This paper appeared in Usenix ATC'16 last week. The paper considers the problem of scaling ZooKeeper to WAN deployments. ( Check this earlier post for a brief review of ZooKeeper. )
The paper suggests a client-side only modification to ZooKeeper, and calls the resultant system ZooNet. ZooNet consists of a federation of ZooKeeper cluster at each datacenter/region. ZooNet assumes the workload is highly-partitionable, so the data is partitioned among the ZooKeeper clusters, each accompanied by learners in the remote datacenter/regions. Each ZooKeeper cluster processes only updates for its own data partition and if applications in different regions need to access unrelated items they can also do so independently and in parallel at their own site.
However, the problem with such a deployment is that it does not preserve ZooKeeper's sequential execution semantics. Consider the example in Figure 1. (It is not clear to me why the so-called "loosely-coupled" applications in different ZooKeeper partitions need to be sequentially serialized.
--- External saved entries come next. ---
-- ===== src/Dll/Engine/Incoming/Case.antt =====
-- fish_11_dll/src/engine_registration.rs: a channel message from the engine of one member to that of
-- another. The sender encrypts for the channel's name as it was typed, the receiver decrypts for the
-- name in lower case.
use fish.Common.{
  ◌≤◌, ◌<◌, ◌≡◌, ◌∙◌, arith, true, false, List, ◌++◌, Option, none, some, Bytes, codes, length,
  take, drop, lookup, list_eq, to_lowercase, to_lowercase_twice, is_utf8, crlf, take-append,
  drop-append, length-append,
}
use fish.Env.{Env, IsEnv}
use fish.Errors.{FishError}
use fish.Config.Models.{Nonce, FishConfig}
use fish.Config.Access.{free, ret, fail}
use fish.Config.Access.Counters.{count_decryption}
use fish.Config.Channels.{is_channel, manual_entry_key}
use fish.Config.Settings.{get_encryption_prefix}
use fish.Crypto.Chacha.{decrypt_message}
use fish.Dll.Decrypt.Replay.{is_channel-to_lowercase}
use fish.Dll.Engine.Incoming.{key_identifier_of, sender_of, attempt_decryption}
use fish.Dll.Engine.Incoming.Marked.{IsMarked, attempt_decryption-text, attempt_decryption-refused}
use fish.Dll.Engine.Outgoing.{LegacyKeys, encrypt_channel}
use fish.Dll.Engine.Outgoing.Channel.{encrypt_channel-stored, encrypt_channel-sealed}
use fish.Legacy.Cipher.{BlockCipher}

decrypt_message_refused :
    (env : Env) (key e bytes aad : Bytes) (cfg : FishConfig)
    → env.base64_decode e ≡ some bytes
    → 24 < length bytes
    → length bytes ≤ 4136
    → env.aead_decrypt key (take 24 bytes) aad (drop 24 bytes) ≡ none
    → decrypt_message env key e (some aad) free cfg ≡ (fail FishError.crypto_error, cfg)
unfolding decrypt_message
decrypt_message_refused env key e bytes aad cfg d lo hi refused = ground arith

module _ (env : Env) (laws : IsEnv env) (c : BlockCipher) (legacy_keys : LegacyKeys) (nonce : Nonce)
    (nonce_size : length nonce ≡ 24) (target message key : Bytes) (sender receiver : FishConfig)
    (channel : is_channel target ≡ true) (nonempty : 0 < length message)
    (small : length message ≤ 4096) (text : is_utf8 message ≡ true) (key_size : length key ≡ 32)
    (no_manual : lookup (manual_entry_key (to_lowercase target)) sender.entries ≡ none)
    (stored : lookup (to_lowercase target) sender.channel_keys ≡ some key)
    (no_manual_there : lookup (manual_entry_key (to_lowercase target)) receiver.entries ≡ none)
    (stored_there : lookup (to_lowercase target) receiver.channel_keys ≡ some key) (s : Bytes)
    (after : FishConfig)
    (sent : encrypt_channel env c legacy_keys nonce target message free sender
      ≡ (ret (some (s, false)), after))
    (encryption_prefix line before w0 w1 target_raw w3 : Bytes) (more : List Bytes)
    (network : Option Bytes)
    (configured : get_encryption_prefix free receiver ≡ (ret encryption_prefix, receiver))
    (m : IsMarked encryption_prefix line before w0 w1 target_raw w3 s more)
    (identified : key_identifier_of (sender_of w0) target_raw ≡ to_lowercase target) where
  -- A message that the sender's engine encrypted, under a stored key of 32 bytes that the receiver has
  -- too and a lawful cipher, for a channel whose name has no capital letter: the receiver's engine
  -- turns the line that brings it into the same line with the message, and counts it once.
  pub attempt_decryption-encrypt_channel :
      to_lowercase target ≡ target
      → attempt_decryption env c legacy_keys line network free receiver ≡ (
        ret (some (before ++ (codes " :" ++ (message ++ crlf)))),
        (count_decryption free receiver).1,
      )
  attempt_decryption-encrypt_channel lower_case =
      let (s', made, read) =
        encrypt_channel-stored env laws c legacy_keys nonce target message sender channel no_manual
          nonempty small key receiver nonce_size stored key_size text in
      let same : s' ≡ s = ground (arith, made, sent) in
      attempt_decryption-text env c legacy_keys encryption_prefix line before w0 w1 target_raw w3 s
        more m network receiver configured target key (identified ∙ lower_case) channel
        no_manual_there stored_there key_size message (count_decryption free receiver).1
        (rw (← same) read)

  -- For a channel whose name has a capital letter, nothing comes of it: where the cipher opens what
  -- was sealed for a name under no other name, the receiver's engine passes the encrypted line on as
  -- it came, though both store the same key.
  pub attempt_decryption-capital :
      ((sealed : Bytes)
        → env.aead_encrypt key nonce target message ≡ some sealed
        → env.aead_decrypt key nonce (to_lowercase target) sealed ≡ none)
      → attempt_decryption env c legacy_keys line network free receiver ≡ (ret none, receiver)
  attempt_decryption-capital authentic =
      let (sealed, sealing, size) = laws.encrypts key nonce target message small in
      let made =
        encrypt_channel-sealed env laws c legacy_keys nonce target message sender channel no_manual
          nonempty small key sealed stored key_size sealing in
      let same : env.base64_encode (nonce ++ sealed) ≡ s = ground (arith, made, sent) in
      let bytes = nonce ++ sealed in
      let refused : env.aead_decrypt key (take 24 bytes) (to_lowercase target) (drop 24 bytes)
          ≡ none =
        rw (take-append 24 nonce sealed nonce_size, drop-append 24 nonce sealed nonce_size)
          (authentic sealed sealing) in
      let closed =
        decrypt_message_refused env key (env.base64_encode bytes) bytes (to_lowercase target)
          receiver (laws.base64_decode-encode bytes) (omega (arith, length-append nonce sealed))
          (omega (arith, length-append nonce sealed)) refused in
      let lower = to_lowercase_twice target in
      attempt_decryption-refused env c legacy_keys encryption_prefix line before w0 w1 target_raw w3
        s more m network receiver configured (to_lowercase target) key identified
        (is_channel-to_lowercase target channel) (rw (lower) no_manual_there)
        (rw (lower) stored_there) key_size FishError.crypto_error receiver (rw (← same) closed)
The paper does not give an examples/reasons for motivating this.)
Their solution is fairly simple. ZooNet achieves consistency by injecting sync requests. Their algorithm only makes the remote partition reads to be synced to achieve coordination. More accurately, they insert a sync every time a client's read request accesses a different coordination service than the previous request. Subsequent reads from the same coordination service are naturally ordered after the first, and so no additional syncs are needed.
Figure 3 demonstrates the solution. I still have some problems with Figure 3. What if both syncs occur at the same time? I mean what if both occurs after the previous updates complete. Do they, then, prioritize one site over the other and take a deterministic order to resolve ties?
The paper also mentions that they fix a performance bug in ZooKeeper, but the bug is not relevant to the algorithm/problem. It is about more general ZooKeeper performance improvement by performing proper client isolation in the ZooKeeper commit processor.
ZooNet evaluation is done only with a 2-site ZooKeeper deployment. The evaluation did not look at WAN latency and focused on pushing the limits on throughput. Reads are asynchronously pipelined to compensate for the latency introduced by the sync operation. They benchmark the throughput when the system is saturated, which is not a typical ZooKeeper use case scenario.
ZooNet does not support transactions and watches.
Our work on WAN coordination
We have also been working on scaling ZooKeeper to WAN deployments. We take a different approach. We have extended ZooKeeper with hierarchical composition of ZooKeeper clusters and added lock-tokens to enable local and consistent writes as well as local and consistent reads from any region in a WAN. Our WANKeeper system supports transactions and watches. We have submitted a paper on this which is still under review, so I can talk about our work only next month. In the meanwhile we are working on polishing our WANKeeper software for opensourcing it.